This is Mazda. I believe I talked about him a long time ago...but it was before I had made so many more friends, so I will tell his story again...and then tell you what is wrong, and you will see why I have brought up Mazda.
Nope, your eyes are not playing tricks on you...this is not Phoenix, it is Mazda. Last February I went to my first Poultry Show. I was showing my pair of Japanese Silver Phoenix. In the sale barn there was a silent auction going on of various fowl. This little man stole my heart when I saw him. He was not tame at all, but I could fix that I told myself. So, on the little index card dangling from his cage I put my bid in. The auction would be over at noon...and I had a couple of hours to kill so I went roaming about looking once again at all the show birds. I came back later to see someone had outbid me. So, I up the bid...and as I did some snot nosed teenager came over and put a higher bid. So I said okay, I am gonna take this bird home whatever it costs. So, here we go, it is like a dang Ebay auction bidding war except it was transpiring on this index card. Back and forth we stood there scribbling higher and higher...til the auction was called over. Well you guessed it...he won out. I was more upset than I thought I would be...I wanted this bird in a bad way. His father came over and saw me standing there fretting and wringing my hands in despair at my loss and says to me
"I will sell him to you for 50 cents over what we paid."

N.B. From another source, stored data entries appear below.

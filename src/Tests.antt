-- ===== src/Tests.antt =====
-- The theorems at concrete inputs: a ring of two servers, a file system, and remote servers.
mod Rings
mod Texts
mod Starts
mod Launches
mod Disk
mod Servers
mod Caches
mod Clients
mod Heads
mod Streams
mod Movers
mod Pieces
mod Processes
mod Systems
mod Versions
mod Routes
use hvac_checkpoint.Common.{ℕ, ◌+◌, ◌*◌, [], ◌∷◌}
use hvac_checkpoint.Common.Maps.{lookup, insert, erase, index}
use hvac_checkpoint.Common.OrderedMap.{insert_sorted, lower_bound}
use hvac_checkpoint.Common.Text.{Text, c_str, contains}
use hvac_checkpoint.Common.Decimal.{to_string, digits_from, stoi, parse_unsigned, read_digits}
use hvac_checkpoint.Ring.{
  successor, place, add_replicas, add_node, remove_replicas, remove_node, get_node,
  convert_host_to_number, minus_one_int,
}
use hvac_checkpoint.Ring.Servers.{server_name, add_servers, server_ring, route}

-- A hash that tells short texts apart.
abbrev hash : Text → ℕ
hash [] = 7
hash (c ∷ s) = c + 131 * hash s

-- What a run of the ring computes with.
ring_program : Unit {0}
unfolding lookup insert_sorted lower_bound erase c_str contains to_string digits_from stoi
    parse_unsigned read_digits successor place add_replicas add_node remove_replicas remove_node
    get_node convert_host_to_number minus_one_int server_name add_servers server_ring route
ring_program = tt
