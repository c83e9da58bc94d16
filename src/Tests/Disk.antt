-- ===== src/Tests/Disk.antt =====
-- A file system for the tests: files by name. An open answers the descriptor 3; a read of a valid
-- descriptor finds the bytes 1, 2 and 3, and one of a negative descriptor fails. A fresh directory
-- has a name longer than that of any file.
use hvac_checkpoint.Common.{
  ℕ, zero, suc, ◌+◌, ◌≤◌, ◌<◌, ◌≡◌, ◌≢◌, refl, ap, inl, inr, Bool, true, false, Option, none, some,
  List, [], ◌∷◌, ◌++◌, Bool-cases, length, take, replicate, length-append, length-replicate, arith,
}
use hvac_checkpoint.Common.Int.{ℤ, pos, negsuc, minus_one}
use hvac_checkpoint.Common.Maps.{Map, lookup, insert, lookup-insert, lookup-insert_self}
use hvac_checkpoint.Common.Text.{Text, text_eq, text_beq, text_beq_iff, codes}
use hvac_checkpoint.Posix.{Posix, ReadLaws, ReadsUpTo}
use hvac_checkpoint.Server.Cache.{FileLaws}

abbrev pub Files : Type 0
Files = Map Text (List ℕ)

-- A length that no name of a file exceeds.
unfoldable pub longest : Files → ℕ
longest [] = 0
longest ((p, bytes) ∷ fs) = length p + longest fs

unfoldable pub fresh : Files → Text
fresh fs = replicate (suc (longest fs)) b'x'

abbrev bytes_read : ℕ → List ℕ
bytes_read n = take n (1 ∷ 2 ∷ 3 ∷ [])

unfoldable pub read_from : ℤ → ℕ → ℤ × List ℕ
read_from (pos fd) n = (pos (length (bytes_read n)), bytes_read n)
read_from (negsuc fd) n = (minus_one, [])

unfoldable pub copy_to : Option (List ℕ) → Text → Files → Bool × Files
copy_to none q fs = (false, fs)
copy_to (some bytes) q fs = (true, insert q bytes fs)

abbrev pub disk : Posix
disk = record {
  Fs = Files;
  open_file = λ p flags fs. (pos 3, fs);
  close_file = λ fd fs. (pos 0, fs);
  read_file = λ fd n fs. let (r, bytes) = read_from fd n in (r, bytes, fs);
  pread_file = λ fd n offset fs. let (r, bytes) = read_from fd n in (r, bytes, fs);
  seek_file = λ fd offset whence fs. (offset, fs);
  copy_file = λ p q fs. copy_to (lookup p fs) q fs;
  make_temp_dir = λ template fs. (fresh fs, fs);
}

pub length-take_le : (n : ℕ) (l : List ℕ) → length (take n l) ≤ n
length-take_le zero l = omega arith
length-take_le (suc n) [] = omega arith
length-take_le (suc n) (x ∷ l) = omega (arith, length-take_le n l)

read_from-ReadsUpTo : (fd : ℤ) (n : ℕ) → ReadsUpTo n (read_from fd n).0 (read_from fd n).1
unfolding read_from
read_from-ReadsUpTo (pos fd) n =
    inr (length (bytes_read n), refl, length-take_le n (1 ∷ 2 ∷ 3 ∷ []), refl)
read_from-ReadsUpTo (negsuc fd) n = inl (refl, refl)

pub disk-ReadLaws : ReadLaws disk
disk-ReadLaws = record {
  read_result = λ fd n fs. read_from-ReadsUpTo fd n;
  pread_result = λ fd n offset fs. read_from-ReadsUpTo fd n;
}

lookup-long : (p : Text) (fs : Files) → longest fs < length p → lookup p fs ≡ none
unfolding longest lookup
lookup-long p [] h = refl
lookup-long p ((q, bytes) ∷ fs) h = elim (Bool-cases (text_beq q p)) [
  | inl same ↦ let e = ap length ((text_beq_iff q p).0 same) in absurd (omega (arith, e, h))
  | inr other ↦ rw other (lookup-long p fs (omega arith))
]

pub lookup-fresh : (name : Text) (fs : Files) → lookup (fresh fs ++ (codes "/" ++ name)) fs ≡ none
unfolding fresh
lookup-fresh name fs = lookup-long (fresh fs ++ (codes "/" ++ name)) fs (
    rw
      (
        length-append (fresh fs) (codes "/" ++ name),
        length-replicate {A = ℕ} (suc (longest fs)) b'x',
      )
      (omega arith))

pub copy_to-target :
    (p q : Text) (fs : Files) (found : Option (List ℕ))
    → lookup p fs ≡ found
    → (copy_to found q fs).0 ≡ true
    → (bytes : List ℕ) × (lookup p fs ≡ some bytes) × (lookup q (copy_to found q fs).1 ≡ some bytes)
unfolding copy_to
copy_to-target p q fs none e h = absurd (cc h)
copy_to-target p q fs (some bytes) e h = (bytes, e, lookup-insert_self q bytes fs)

pub copy_to-other :
    (q r : Text) (fs : Files) (found : Option (List ℕ))
    → r ≢ q
    → lookup r (copy_to found q fs).1 ≡ lookup r fs
unfolding copy_to
copy_to-other q r fs none ne = refl
copy_to-other q r fs (some bytes) ne =
    ground (arith, lookup-insert q r bytes fs, text_beq_iff q r, ne)

pub disk-FileLaws : FileLaws disk
disk-FileLaws = record {
  content = λ p fs. lookup p fs;
  open_content = λ q p flags fs. refl;
  close_content = λ q fd fs. refl;
  read_content = λ q fd n fs. refl;
  pread_content = λ q fd n offset fs. refl;
  seek_content = λ q fd offset whence fs. refl;
  temp_content = λ q template fs. refl;
  temp_fresh = λ template name fs. lookup-fresh name fs;
  copy_target = λ p q fs h. copy_to-target p q fs (lookup p fs) refl h;
  copy_other = λ p q r fs ne. copy_to-other q r fs (lookup p fs) ne;
}
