-- ===== src/Tests/Caches.antt =====
-- The transparency of the cache on a run of the server: a file is opened, closed and copied.
use hvac_checkpoint.Common.{◌≡◌, refl, Bool, some, [], ◌∷◌, ◌++◌}
use hvac_checkpoint.Common.Int.{pos, int_eq, to_int32}
use hvac_checkpoint.Common.Maps.{lookup, insert, erase, index}
use hvac_checkpoint.Common.Text.{Text, text_eq, codes, c_str}
use hvac_checkpoint.Server.{Server, start, HgCalls, responds}
use hvac_checkpoint.Server.Files.{open_rpc_handler, close_rpc_handler, redirect, queue_path}
use hvac_checkpoint.Server.Mover.{take_queue, move_file, filename, filename_from}
use hvac_checkpoint.Server.Cache.Transparent.{
  Step, Reach, opens, closes, takes, moves, starts, steps, redirect-content,
}
use hvac_checkpoint.Tests.Disk.{disk, disk-FileLaws, Files, copy_to, fresh}

abbrev calls : HgCalls
calls = record {
  get_input = 0;
  allocated = Bool.true;
  info = Bool.true;
  bulk_create = 0;
  transfer = λ n. 0;
  addr_to_string = some 0;
}

abbrev path : Text
path = codes "/data/a"

abbrev nvmepath : Text
nvmepath = codes "/bb/XXXXXX"

abbrev files : Files
files = (path, 1 ∷ 2 ∷ 3 ∷ []) ∷ []

abbrev opened : Server Files
opened = record (start files) { fd_to_path = (pos 3, path) ∷ [] }

abbrev closed : Server Files
closed = record (start files) { data_queue = path ∷ [] }

abbrev taken : Server Files
taken = record (start files) { local_list = path ∷ [] }

abbrev copied : Server Files
copied = move_file disk nvmepath path (start files)

run : Reach disk disk-FileLaws nvmepath copied
unfolding open_rpc_handler close_rpc_handler redirect queue_path take_queue lookup insert erase
    index to_int32
run =
    let opening : Step disk disk-FileLaws nvmepath (start files) opened =
      opens calls (record { path = path; client_rank = pos 0; localfd = pos 5 })
        (record { server = opened; events = responds (pos 3) ∷ []; ret = 0 }) refl refl in
    let closing : Step disk disk-FileLaws nvmepath opened closed =
      closes calls (record { fd = pos 3; client_rank = pos 0 })
        (record { server = closed; events = []; ret = 0 }) refl refl in
    let taking : Step disk disk-FileLaws nvmepath closed taken = takes refl in
    let moving : Step disk disk-FileLaws nvmepath taken copied = moves path [] refl refl in
    steps (steps (steps (steps (starts files) opening) closing) taking) moving

-- The copy is in the cache, so the theorem is about two different files.
copied_cached : redirect path copied.path_cache_map ≡ fresh files ++ codes "/a"
unfolding redirect move_file lookup insert copy_to filename filename_from c_str
copied_cached = refl

redirect-content_example :
    disk-FileLaws.content (redirect path copied.path_cache_map) copied.fs
    ≡ disk-FileLaws.content path copied.fs
redirect-content_example = redirect-content disk disk-FileLaws nvmepath path copied run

I hollered "DEAL!" and slapped the cash in his hand.
Needless to say his son was not pleased at all...no he was not. He made me nervous and kept hanging around the pen of this little bird. I was afraid he would steal him...it has happened before I have been told. That is why you really should take your win and put them in a pen and get themput away...but Ian and Shelby had come along...and they had grown weary of the show and went down the way to visit some friends of ours that lived close by. I had to call and get him to come back and get tihs bird so I could relax. He did, and I relaxed.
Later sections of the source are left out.